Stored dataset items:
+===+

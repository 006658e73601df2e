-- ===== src/Seed.antt =====
-- seed.py: the check of a database, as a verdict, and the demo users. What it prints is not modelled.
use pstu_hack_final.Ledger.Sums.{sum_amounts, wallet_sum, txn_sum}
use pstu_hack_final.Common.{
  ℕ, suc, ◌≤◌, ◌≡◌, refl, ◌↔◌, Bool, true, false, ◌&&◌, not, Option, none, some, List, [], ◌∷◌, map,
  arith, ◌==◌, if◌then◌else◌, length, find, keep, any, All, is_some,
}
use pstu_hack_final.Common.Int.{ℤ, pos, ltb_ℤ, eqb_ℤ}
use pstu_hack_final.Common.Text.{Text, codes, text_eq}
use pstu_hack_final.Db.Actions.{Action, Result, ok, err, pure, throw, attempt, ◌>>=◌}
use Prim.Native.String.{String}
use pstu_hack_final.Errors.{DomainError, Exn}
use pstu_hack_final.Env.{Env}
use pstu_hack_final.Security.{Bcrypt}
use pstu_hack_final.Auth.{register, NewUser}
use pstu_hack_final.Ledger.Reconcile.{
  nil-keep, reconcile_iff, distinct, keep-nil, FourInvariants, insolvent_wallets, drifted_wallets,
  unbalanced_transactions, ledger_sum, is_empty, reconcile,
}
use pstu_hack_final.Db.Tables.{Tables}
use pstu_hack_final.Models.{
  LedgerEntry, Transaction, User, is_system, system_mint_wallet_id, Wallet,
}

-- The catalogue of the database beside its rows: the tables of the schema `public`, and the names
-- of the triggers.
pub record Database : Type 0 where
  pub table_names : List Text
  pub trigger_names : List Text
  pub rows : Tables

abbrev pub expected_tables : List Text
expected_tables =
    codes "users"
    ∷ codes "sessions"
    ∷ codes "wallets"
    ∷ codes "transactions"
    ∷ codes "ledger_entries"
    ∷ codes "money_requests"
    ∷ codes "audit_log"
    ∷ []

abbrev pub among : List Text → Text → Bool
among names n = any (λ m. text_eq m n) names

-- `expected - tables`
unfoldable pub missing_tables : Database → List Text
missing_tables db = keep (λ t. not (among db.table_names t)) expected_tables

-- `SELECT balance FROM wallets WHERE id = … AND type = 'SYSTEM'`
abbrev pub find_mint : Tables → Option Wallet
find_mint d = find (λ w. (w.id == system_mint_wallet_id) && is_system w.wallet_type) d.wallets

-- The triggers that make the ledger and the audit log append-only.
unfoldable pub armed_triggers : Database → ℕ
armed_triggers db = length (
    keep (among (codes "trg_ledger_append_only" ∷ codes "trg_audit_append_only" ∷ []))
      db.trigger_names)

-- `SELECT COALESCE(SUM(amount), 0) FROM ledger_entries`
unfoldable pub total : Tables → ℤ
total d = sum_amounts d.ledger_entries

-- `SELECT COUNT(*)` of the groups by transaction whose amounts do not sum to 0.
unfoldable pub count_unbalanced : Tables → ℕ
count_unbalanced d = length (
    keep (λ t. not (eqb_ℤ (txn_sum t d.ledger_entries) (pos 0)))
      (distinct (map (λ (e : LedgerEntry). e.transaction_id) d.ledger_entries)))

-- `SELECT COUNT(*)` of the wallets whose balance is not the sum of their entries, 0 without any.
unfoldable pub count_drifted : Tables → ℕ
count_drifted d =
    length
      (keep (λ (w : Wallet). not (eqb_ℤ w.balance (wallet_sum w.id d.ledger_entries))) d.wallets)

-- `SELECT COUNT(*) FROM wallets WHERE type = 'USER' AND balance < 0`
unfoldable pub count_negative : Tables → ℕ
count_negative d =
    length
      (keep (λ (w : Wallet). not (is_system w.wallet_type) && ltb_ℤ w.balance (pos 0)) d.wallets)

-- The tests that do not stop the check where they fail.
unfoldable pub passed : Database → Bool
passed db =
    eqb_ℤ (total db.rows) (pos 0)
    && (count_unbalanced db.rows == 0)
    && (count_drifted db.rows == 0)
    && (count_negative db.rows == 0)
    && (armed_triggers db == 2)

abbrev pub is_nil : List Text → Bool
is_nil [] = true
is_nil (x ∷ xs) = false

unfoldable pub check : Database → Bool
check db = if is_nil (missing_tables db) && is_some (find_mint db.rows) then passed db else false

-- `raise SystemExit(0 if check() else 1)`
unfoldable pub exit_code : Database → ℕ
exit_code db = if check db then 0 else 1

length-is_empty : (xs : List ℕ) → (length xs == 0) ≡ is_empty xs
length-is_empty [] = refl
length-is_empty (x ∷ xs) = ground arith

length-is_empty-map : (f : Wallet → ℕ) (ws : List Wallet) → (length ws == 0) ≡ is_empty (map f ws)
length-is_empty-map f [] = refl
length-is_empty-map f (w ∷ ws) = ground arith

-- The four tests agree with those of the reconciliation report.
passed-reconcile :
    (db : Database) → passed db ≡ ((reconcile db.rows).all_hold && (armed_triggers db == 2))
unfolding passed reconcile total count_unbalanced count_drifted count_negative ledger_sum
    unbalanced_transactions drifted_wallets insolvent_wallets
passed-reconcile db =
    let d = db.rows in
    ground (
      arith,
      length-is_empty (
          keep (λ t. not (eqb_ℤ (txn_sum t d.ledger_entries) (pos 0)))
            (distinct (map (λ (e : LedgerEntry). e.transaction_id) d.ledger_entries))),
      length-is_empty-map (λ w. w.id)
          (keep (λ (w : Wallet). not (eqb_ℤ w.balance (wallet_sum w.id d.ledger_entries)))
            d.wallets),
      length-is_empty-map (λ w. w.id)
          (keep (λ (w : Wallet). not (is_system w.wallet_type) && ltb_ℤ w.balance (pos 0))
            d.wallets),
    )

not-false : (b : Bool) → not b ≡ false → b ≡ true
not-false true h = refl
not-false false h = cc

All-not :
    (p : Text → Bool) (ts : List Text) → All (λ t. not (p t) ≡ false) ts → All (λ t. p t ≡ true) ts
All-not p [] a = tt
All-not p (t ∷ ts) a = (not-false (p t) a.0, All-not p ts a.1)

All-unnot :
    (p : Text → Bool) (ts : List Text) → All (λ t. p t ≡ true) ts → All (λ t. not (p t) ≡ false) ts
All-unnot p [] a = tt
All-unnot p (t ∷ ts) a = (ground (arith, a.0), All-unnot p ts a.1)

-- The script ends with exit code 0 exactly where the schema has every expected table, the mint is there as a system wallet, the four invariants hold of the rows, and the catalogue counts two triggers by the names of the append-only ones; else with 1.
pub exit_code_iff :
    (db : Database)
    → ((exit_code db ≡ 0) ↔ (
        All (λ t. among db.table_names t ≡ true) expected_tables
        × (is_some (find_mint db.rows) ≡ true)
        × FourInvariants db.rows
        × (armed_triggers db ≡ 2)))
      × (exit_code db ≤ 1)
unfolding exit_code check missing_tables
exit_code_iff db = ((sound, complete), ground arith)
  where
    nil : (xs : List Text) → is_nil xs ≡ true → xs ≡ []
    nil [] h = refl
    nil (x ∷ xs) h = cc

    sound :
        exit_code db ≡ 0
        → All (λ t. among db.table_names t ≡ true) expected_tables
          × (is_some (find_mint db.rows) ≡ true)
          × FourInvariants db.rows
          × (armed_triggers db ≡ 2)
    sound h =
        let p = passed-reconcile db in
        let none_missing = nil (missing_tables db) (ground (arith, p, h)) in
        (
          All-not (among db.table_names) expected_tables
              (keep-nil (λ t. not (among db.table_names t)) expected_tables none_missing),
          ground (arith, p, h),
          (reconcile_iff db.rows).4.0 (ground (arith, p, h)),
          ground (arith, p, h),
        )

    complete :
        All (λ t. among db.table_names t ≡ true) expected_tables
          × (is_some (find_mint db.rows) ≡ true)
          × FourInvariants db.rows
          × (armed_triggers db ≡ 2)
        → exit_code db ≡ 0
    complete (m, s, v, t) =
        let holds = (reconcile_iff db.rows).4.1 v in
        let none_missing =
          nil-keep (λ t. not (among db.table_names t)) expected_tables
            (All-unnot (among db.table_names) expected_tables m) in
        ground (arith, passed-reconcile db, none_missing, s, holds, t)

-- `DEMO_USERS`
abbrev demo_user : String → String → String → String → NewUser
demo_user phone name password pin = record {
  phone = codes phone;
  full_name = codes name;
  password = codes password;
  pin = codes pin;
}

unfoldable pub demo_users : List NewUser
demo_users =
    demo_user "01711111111" "Alice Rahman" "alice-demo-pass" "8317"
    ∷ demo_user "01722222222" "Bob Karim" "bob-demo-pass" "4629"
    ∷ demo_user "01733333333" "Chowdhury Nabil" "nabil-demo-pass" "5182"
    ∷ []

-- A registered phone is passed over; any other exception ends the script.
unfoldable pub pass_over : Result (User × Transaction) → Action (Option Transaction)
pass_over (ok r) = pure (some r.1)
pass_over (err (Exn.domain (DomainError.phone_already_registered p))) = pure none
pass_over (err e) = throw e

-- The registrations share one session, and each has surroundings of its own.
unfoldable pub register_each :
    Bcrypt → (ℕ → Env) → ℕ → List NewUser → Action (List (Option Transaction))
register_each lib envs i [] = pure []
register_each lib envs i (n ∷ ns) = do
  outcome ← attempt (register lib (envs i) (record { ip = none; user_agent = none }) n)
  grant ← pass_over outcome
  grants ← register_each lib envs (suc i) ns
  pure (grant ∷ grants)

unfoldable pub demo : Bcrypt → (ℕ → Env) → Action (List (Option Transaction))
demo lib envs = register_each lib envs 0 demo_users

+===+

Exercise aim:
In the entries above, how many lines hold the word "schema"? State the number and nothing else.

Answer box:
2